Question Video: Finding the Volume of a Compound Solid Involving a Cylinder and Hemispheres Mathematics • 7th Grade

Video Transcript

The shape in the given figure consists of a cylinder with a hemisphere attached to each end. Work out its volume, giving your answer to two decimal places.

We’re told in the question, but we can also see from the diagram, that this composite shape consists of a cylinder and two hemispheres. We can see that these two hemispheres are congruent because they each have a radius of three feet. So, the total volume will be equal to the volume of the cylinder plus twice the volume of the hemisphere. Two identical hemispheres though make a sphere. So, we can simplify slightly by calculating the volume of the cylinder and the volume of a sphere.

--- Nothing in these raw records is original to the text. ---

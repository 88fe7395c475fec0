-- ===== src/EventBus/Rounds.antt =====
-- What the rounds of crates/event-bus/src/lib.rs do to the queue of a bus.
use insider_trader.Prelude.{
  ◌≡◌, refl, arith, ◌==◌, false, none, some, List, [], ◌∷◌, ◌⊎◌, inl, inr, length,
}
use insider_trader.EventBus.{
  Bus, SendError, RecvError, accepted, refused, value, nothing, push_back, try_send, send_round,
  try_recv, recv_round,
}

module _ {ℓ} {T : Type ℓ} where
  pub record IsPush (v : T) (b c : Bus T) : Type ℓ where
    pub pushed : c ≡ push_back v b
    pub is_open : b.is_closed ≡ false
    pub room : (length b.queue == b.capacity) ≡ false

  pub try_send-IsPush : (v : T) (b c : Bus T) → try_send v b ≡ (accepted, c) → IsPush v b c
  unfolding try_send
  try_send-IsPush v b c h = record {
    pushed = ground (arith, h);
    is_open = ground (arith, h);
    room = ground (arith, h);
  }

  pub send_round-IsPush :
      (v : T) (b c : Bus T) → b.receivers ≡ 1 → send_round v b ≡ some (accepted, c) → IsPush v b c
  unfolding send_round
  send_round-IsPush v b c alive h = record {
    pushed = ground (arith, h);
    is_open = ground (arith, h);
    room = ground (arith, h, alive);
  }

  pub try_send-refused :
      (v : T) (b c : Bus T) (e : SendError T) → try_send v b ≡ (refused e, c) → c ≡ b
  unfolding try_send
  try_send-refused v b c e h = ground (arith, h)

  pub send_round-refused :
      (v : T) (b c : Bus T) (e : SendError T) → send_round v b ≡ some (refused e, c) → c ≡ b
  unfolding send_round
  send_round-refused v b c e h = ground (arith, h)

  pub send_round-waits : (v : T) (b : Bus T) → send_round v b ≡ none → b.is_closed ≡ false
  unfolding send_round
  send_round-waits v b h = ground (arith, h)

  pub record IsPop (v : T) (b c : Bus T) : Type ℓ where
    pub front : b.queue ≡ v ∷ c.queue
    pub rest : c ≡ record b { queue = c.queue }

  queue-cases : (b : Bus T) → (b.queue ≡ []) ⊎ ((v : T) × (vs : List T) × (b.queue ≡ v ∷ vs))
  queue-cases b = list_cases b.queue
    where
      list_cases : (q : List T) → (q ≡ []) ⊎ ((v : T) × (vs : List T) × (q ≡ v ∷ vs))
      list_cases [] = inl refl
      list_cases (v ∷ vs) = inr (v, vs, refl)

  pub try_recv-IsPop : (v : T) (b c : Bus T) → try_recv b ≡ (value v, c) → IsPop v b c
  unfolding try_recv
  try_recv-IsPop v b c h = elim (queue-cases b) [
    | inl e ↦ absurd (ground (arith, h, e))
    | inr (u, us, e) ↦ record { front = ground (arith, h, e); rest = ground (arith, h, e) }
  ]

  pub recv_round-IsPop : (v : T) (b c : Bus T) → recv_round b ≡ some (value v, c) → IsPop v b c
  unfolding recv_round
  recv_round-IsPop v b c h = elim (queue-cases b) [
    | inl e ↦ absurd (ground (arith, h, e))
    | inr (u, us, e) ↦ record { front = ground (arith, h, e); rest = ground (arith, h, e) }
  ]

  pub try_recv-nothing : (b c : Bus T) (e : RecvError) → try_recv b ≡ (nothing e, c) → c ≡ b
  unfolding try_recv
  try_recv-nothing b c e h = elim (queue-cases b) [
    | inl q ↦ ground (arith, h, q)
    | inr (u, us, q) ↦ absurd (ground (arith, h, q))
  ]

  pub recv_round-nothing :
      (b c : Bus T) (e : RecvError) → recv_round b ≡ some (nothing e, c) → c ≡ b
  unfolding recv_round
  recv_round-nothing b c e h = elim (queue-cases b) [
    | inl q ↦ ground (arith, h, q)
    | inr (u, us, q) ↦ absurd (ground (arith, h, q))
  ]

  pub recv_round-waits : (b : Bus T) → recv_round b ≡ none → b.is_closed ≡ false
  unfolding recv_round
  recv_round-waits b h = elim (queue-cases b) [
    | inl q ↦ ground (arith, h, q)
    | inr (u, us, q) ↦ absurd (ground (arith, h, q))
  ]
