-- ===== src/EventBus/Fifo.antt =====
-- A bus of crates/event-bus/src/lib.rs as the channel that it implements: what was accepted, and the
-- part of it that was delivered.
use insider_trader.Prelude.{
  ℕ, ◌+◌, ◌≤◌, ◌<◌, ◌≡◌, refl, sym, ap, ◌∙◌, subst, arith, Bool, true, false, List, [], ◌∷◌, ◌++◌,
  length, length-append, append_assoc,
}
use insider_trader.EventBus.{Bus, new_bus}
use insider_trader.EventBus.Threads.{
  Waiter, sender, receiver, Sys, Notified, nobody, one, Enters, calls, resumes, waits, accepts,
  delivers, Step, try_send_accepted, try_send_refused, send_accepted, send_refused, send_waits,
  try_recv_value, try_recv_nothing, recv_value, recv_nothing, recv_waits, wakes, closes, start_sys,
  Reach, start, step,
}
use insider_trader.EventBus.Rounds.{
  IsPush, try_send-IsPush, send_round-IsPush, try_send-refused, send_round-refused,
  send_round-waits, IsPop, try_recv-IsPop, recv_round-IsPop, try_recv-nothing, recv_round-nothing,
  recv_round-waits,
}

pub record Channel {ℓ} (T : Type ℓ) : Type ℓ where
  pub sent : List T
  pub received : List T
  pub is_closed : Bool

module _ {ℓ} {T : Type ℓ} where
  -- A channel accepts while it is open and has room, delivers in order, closes, or does nothing.
  pub data ChannelStep (capacity : ℕ) (c : Channel T) : Channel T → Type ℓ where
    accept :
        (v : T)
        → c.is_closed ≡ false
        → length c.sent < length c.received + capacity
        → ChannelStep capacity c (record c { sent = c.sent ++ (v ∷ []) })
    deliver :
        (v : T) (rest : List T)
        → c.sent ≡ c.received ++ (v ∷ rest)
        → ChannelStep capacity c (record c { received = c.received ++ (v ∷ []) })
    shut : ChannelStep capacity c (record c { is_closed = true })
    idle : ChannelStep capacity c c

  abbrev pub channel : Sys T → Channel T
  channel s = record { sent = s.sent; received = s.received; is_closed = s.bus.is_closed }

  -- The queue is what was accepted and not delivered, within the capacity, and nobody waits for a
  -- bus that is closed.
  pub record IsFifo (capacity : ℕ) (s : Sys T) : Type ℓ where
    pub order : s.sent ≡ s.received ++ s.bus.queue
    pub bound : length s.bus.queue ≤ capacity
    pub size : s.bus.capacity ≡ capacity
    pub alive : s.bus.receivers ≡ 1
    pub released : s.bus.is_closed ≡ true → s.waiting ≡ []

  not_nil :
      (before after : List (Waiter T)) (w : Waiter T)
      → before ++ (w ∷ after) ≡ []
      → (before ++ after) ≡ []
  not_nil [] after w h = cc
  not_nil (x ∷ before) after w h = cc

  -- What a step does to the channel, and that it keeps the invariant.
  abbrev Simulates : ℕ → Sys T → Sys T → Type ℓ
  Simulates capacity s t = IsFifo capacity t × ChannelStep capacity (channel s) (channel t)

  Notified-IsFifo :
      (capacity : ℕ) (r s t : Sys T)
      → Notified s t
      → Simulates capacity r s
      → Simulates capacity r t
  Notified-IsFifo capacity r s _ (nobody e) f = f
  Notified-IsFifo capacity r s _ (one before after w e) (f, c) = (
    record {
      order = f.order;
      bound = f.bound;
      size = f.size;
      alive = f.alive;
      released = λ h. not_nil before after w (sym e ∙ f.released h);
    },
    c,
  )

  enters-IsFifo :
      (capacity : ℕ) (s r : Sys T) (w : Waiter T)
      → Enters s w r
      → IsFifo capacity s
      → IsFifo capacity r × (channel r ≡ channel s)
  enters-IsFifo capacity s _ w calls f = (f, refl)
  enters-IsFifo capacity s _ w (resumes before after e) f = (
    record {
      order = f.order;
      bound = f.bound;
      size = f.size;
      alive = f.alive;
      released = f.released;
    },
    refl,
  )

  push-Simulates :
      (capacity : ℕ) (s : Sys T) (v : T) (b : Bus T)
      → IsFifo capacity s
      → IsPush v s.bus b
      → Simulates capacity s (accepts v b s)
  push-Simulates capacity s v b f p =
      subst (λ b. Simulates capacity s (accepts v b s)) (sym p.pushed)
        (
          record {
            order = ap (λ l. l ++ (v ∷ [])) f.order ∙ append_assoc s.received s.bus.queue (v ∷ []);
            bound = ground (arith, length-append s.bus.queue (v ∷ []), p.room, f.bound, f.size);
            size = f.size;
            alive = f.alive;
            released = f.released;
          },
          accept v p.is_open (
              ground (
                arith,
                p.room,
                f.bound,
                f.size,
                ap length f.order,
                length-append s.received s.bus.queue,
              )),
        )

  pop-Simulates :
      (capacity : ℕ) (s : Sys T) (v : T) (b : Bus T)
      → IsFifo capacity s
      → IsPop v s.bus b
      → Simulates capacity s (delivers v b s)
  pop-Simulates capacity s v b f p =
      let split : s.sent ≡ s.received ++ (v ∷ b.queue) =
        f.order ∙ ap (λ q. s.received ++ q) p.front in
      let this : Bus T = record s.bus { queue = b.queue } in
      subst (λ c. Simulates capacity s (delivers v c s)) (sym p.rest)
        (
          record {
            order = split ∙ sym (append_assoc s.received (v ∷ []) b.queue);
            bound = omega (arith, ap length p.front, f.bound);
            size = f.size;
            alive = f.alive;
            released = f.released;
          },
          deliver v b.queue split,
        )

  same-Simulates :
      (capacity : ℕ) (s : Sys T) (b : Bus T)
      → IsFifo capacity s
      → b ≡ s.bus
      → Simulates capacity s (record s { bus = b })
  same-Simulates capacity s b f e =
      subst (λ b. Simulates capacity s (record s { bus = b })) (sym e) (f, idle)

  entered :
      (capacity : ℕ) (s r t : Sys T)
      → channel r ≡ channel s
      → Simulates capacity r t
      → Simulates capacity s t
  entered capacity s r t e (f, c) = (f, subst (λ x. ChannelStep capacity x (channel t)) e c)

  waits-Simulates :
      (capacity : ℕ) (r : Sys T) (w : Waiter T)
      → IsFifo capacity r
      → r.bus.is_closed ≡ false
      → Simulates capacity r (waits w r)
  waits-Simulates capacity r w f h = (
    record { order = f.order; bound = f.bound; size = f.size; alive = f.alive; released = λ e. cc },
    idle,
  )

  -- A step of a thread is a step of the channel, and keeps the invariant.
  pub Step-Simulates :
      (capacity : ℕ) (s t : Sys T) → Step s t → IsFifo capacity s → Simulates capacity s t
  Step-Simulates capacity _ _ (try_send_accepted s t v b h n) f =
      Notified-IsFifo capacity s (accepts v b s) t n
        (push-Simulates capacity s v b f (try_send-IsPush v s.bus b h))
  Step-Simulates capacity _ _ (try_send_refused s v e b h) f =
      same-Simulates capacity s b f (try_send-refused v s.bus b e h)
  Step-Simulates capacity _ _ (send_accepted s r t v b i h n) f =
      let (g, same) = enters-IsFifo capacity s r (sender v) i f in
      entered capacity s r t same (
        Notified-IsFifo capacity r (accepts v b r) t n
          (push-Simulates capacity r v b g (send_round-IsPush v r.bus b g.alive h)))
  Step-Simulates capacity _ _ (send_refused s r v e b i h) f =
      let (g, same) = enters-IsFifo capacity s r (sender v) i f in
      entered capacity s r (record r { bus = b }) same
        (same-Simulates capacity r b g (send_round-refused v r.bus b e h))
  Step-Simulates capacity _ _ (send_waits s r v i h) f =
      let (g, same) = enters-IsFifo capacity s r (sender v) i f in
      entered capacity s r (waits (sender v) r) same
        (waits-Simulates capacity r (sender v) g (send_round-waits v r.bus h))
  Step-Simulates capacity _ _ (try_recv_value s t v b h n) f =
      Notified-IsFifo capacity s (delivers v b s) t n
        (pop-Simulates capacity s v b f (try_recv-IsPop v s.bus b h))
  Step-Simulates capacity _ _ (try_recv_nothing s e b h) f =
      same-Simulates capacity s b f (try_recv-nothing s.bus b e h)
  Step-Simulates capacity _ _ (recv_value s r t v b i h n) f =
      let (g, same) = enters-IsFifo capacity s r receiver i f in
      entered capacity s r t same (
        Notified-IsFifo capacity r (delivers v b r) t n
          (pop-Simulates capacity r v b g (recv_round-IsPop v r.bus b h)))
  Step-Simulates capacity _ _ (recv_nothing s r e b i h) f =
      let (g, same) = enters-IsFifo capacity s r receiver i f in
      entered capacity s r (record r { bus = b }) same
        (same-Simulates capacity r b g (recv_round-nothing r.bus b e h))
  Step-Simulates capacity _ _ (recv_waits s r i h) f =
      let (g, same) = enters-IsFifo capacity s r receiver i f in
      entered capacity s r (waits receiver r) same
        (waits-Simulates capacity r receiver g (recv_round-waits r.bus h))
  Step-Simulates capacity _ _ (wakes s before after w e) f =
      Notified-IsFifo capacity s s _ (one before after w e) (f, idle)
  Step-Simulates capacity _ _ (closes s) f = (
    record {
      order = f.order;
      bound = f.bound;
      size = f.size;
      alive = f.alive;
      released = λ e. refl;
    },
    shut,
  )

  -- The channels that the steps of a channel reach.
  pub data ChannelReach (capacity : ℕ) : Channel T → Type ℓ where
    fresh : ChannelReach capacity (record { sent = []; received = []; is_closed = false })
    more :
        (c d : Channel T)
        → ChannelReach capacity c
        → ChannelStep capacity c d
        → ChannelReach capacity d

  -- Whatever the interleaving of the threads, a bus is a channel of its capacity: what was delivered
  -- and what is queued are together what was accepted, in order, with at most as many queued as the
  -- capacity, no thread waits for a bus that is closed, and the channel is one that its own steps
  -- reach.
  pub Reach-IsFifo :
      (capacity : ℕ) (s : Sys T)
      → Reach capacity s
      → IsFifo capacity s × ChannelReach capacity (channel s)
  unfolding new_bus
  Reach-IsFifo capacity _ (start b h) =
      let made : b ≡ record { capacity = capacity; queue = []; is_closed = false; receivers = 1 } =
        ground (arith, h) in
      subst (λ b. IsFifo capacity (start_sys b) × ChannelReach capacity (channel (start_sys b)))
        (sym made)
        (
          record {
            order = refl;
            bound = omega arith;
            size = refl;
            alive = refl;
            released = λ e. refl;
          },
          fresh,
        )
  Reach-IsFifo capacity _ (step s t r st) =
      let (f, c) = Reach-IsFifo capacity s r in
      let (g, next) = Step-Simulates capacity s t st f in (g, more (channel s) (channel t) c next)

Let’s consider the cylinder first of all then. We know that its volume is calculated using the formula 𝜋𝑟 squared ℎ. That’s the cross-sectional area multiplied by the height of the cylinder. From the figure, we can see that the height of the cylinder is 10 feet, but what about its radius? Well, it’s just the same as the radius of the hemisphere on each end, so it’s three feet. The volume of the cylinder is, therefore, 𝜋 multiplied by three squared multiplied by 10. That simplifies to 90𝜋. And we’ll keep our answer in terms of 𝜋 for now.

For the two hemispheres, which we’ve already said we can model as a single sphere, the volume is given by four-thirds 𝜋𝑟 cubed. We, therefore, have four-thirds multiplied by 𝜋 multiplied by three cubed. Three cubed is equal to 27. And we can then cancel a factor of three from the numerator and denominator. We’re left with four multiplied by 𝜋 multiplied by nine, which is 36𝜋. The total volume of the shape in the figure then is 90𝜋 for the volume of the cylinder plus 36𝜋 for the volume of the sphere, or two hemispheres, which is 126𝜋.

This would be a perfectly acceptable format for our answer, and indeed, it’s an exact value. But the question asked for the answer to two decimal places. So, evaluating this on a calculator, and we have 395.84067. Rounding appropriately and we have our answer to the problem, the units of which will be cubic feet. The total volume of the shape in the given figure to two decimal places is 395.84 cubic feet.